### WORK INSTRUCTIONS
Starting with the first line of the records, write out each line exactly until you have included the line containing "poke_same a v m = ground arith".

Saved entries

━━━━

-- ===== src/Host/Stack.antt =====
-- The stack on flat memory: what is pushed is popped, and calls return.
use z80_python.Base.{◌<<<◌, ◌<◌, ◌>>>◌, ◌≡◌, ◌≢◌, arith, bit_or, dec16, inc16, refl, u8, ℕ}
use z80_python.Base.Bits.Words.{join}
use z80_python.Core.{pop_word, push_word}
use z80_python.Cpu.{Cpu}
use z80_python.Host.{Memory, done, flat, poke, run}
use z80_python.Prog.{◌>>=◌}

poke_same : (a v : ℕ) (m : Memory) → poke a v m a ≡ v
unfolding poke
poke_same a v m = ground arith

poke_other : (a v x : ℕ) (m : Memory) → x ≢ a → poke a v m x ≡ m x
unfolding poke
poke_other a v x m h = ground arith

-- Memory after a push of `value` with SP at `sp`.
abbrev pub pushed : ℕ → ℕ → Memory → Memory
pushed value sp m = poke (dec16 (dec16 sp)) (u8 value) (poke (dec16 sp) (u8 (value >>> 8)) m)

pub sp_back : (sp : ℕ) → sp < 65536 → inc16 (inc16 (dec16 (dec16 sp))) ≡ sp
sp_back sp h = omega arith

-- The word that a pop puts together after a push.
pub popped_word :
    (value sp : ℕ) (m : Memory)
    → value < 65536
    → sp < 65536
    → bit_or
        (pushed value sp m (inc16 (dec16 (dec16 sp))) <<< 8)
        (pushed value sp m (dec16 (dec16 sp)))
      ≡ value
popped_word value sp m h k =
    let above : inc16 (dec16 (dec16 sp)) ≡ dec16 sp = omega arith in
    let apart : dec16 sp ≢ dec16 (dec16 sp) = omega arith in
    let low = u8 value in
    let high = u8 (value >>> 8) in
    let m' = poke (dec16 sp) high m in
    rw
      (
        above,
        poke_other (dec16 (dec16 sp)) low (dec16 sp) m' apart,
        poke_same (dec16 sp) high m,
        poke_same (dec16 (dec16 sp)) low m',
      )
      (join value h)

-- On flat memory, with a 16-bit SP, a 16-bit word that is pushed is what the next pop returns,
-- with the CPU as before; memory has the two bytes of the word below SP.
pub pop_word-push_word :
    (value : ℕ) (s : Cpu) (m : Memory)
    → value < 65536
    → s.sp < 65536
    → run flat (push_word value s >>= pop_word) m ≡ (done (value, s), pushed value s.sp m)
unfolding run flat push_word pop_word
pop_word-push_word value s m h k = rw (sp_back s.sp k, popped_word value s.sp m h k) refl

━━━━

### ANSWER BOX
-- ===== src/Host/Stack.antt =====
-- The stack on flat memory: what is pushed is popped, and calls return.
use z80_python.Base.{◌<<<◌, ◌<◌, ◌>>>◌, ◌≡◌, ◌≢◌, arith, bit_or, dec16, inc16, refl, u8, ℕ}
use z80_python.Base.Bits.Words.{join}
use z80_python.Core.{pop_word, push_word}
use z80_python.Cpu.{Cpu}
use z80_python.Host.{Memory, done, flat, poke, run}
use z80_python.Prog.{◌>>=◌}

poke_same : (a v : ℕ) (m : Memory) → poke a v m a ≡ v
unfolding poke
poke_same a v m = ground arith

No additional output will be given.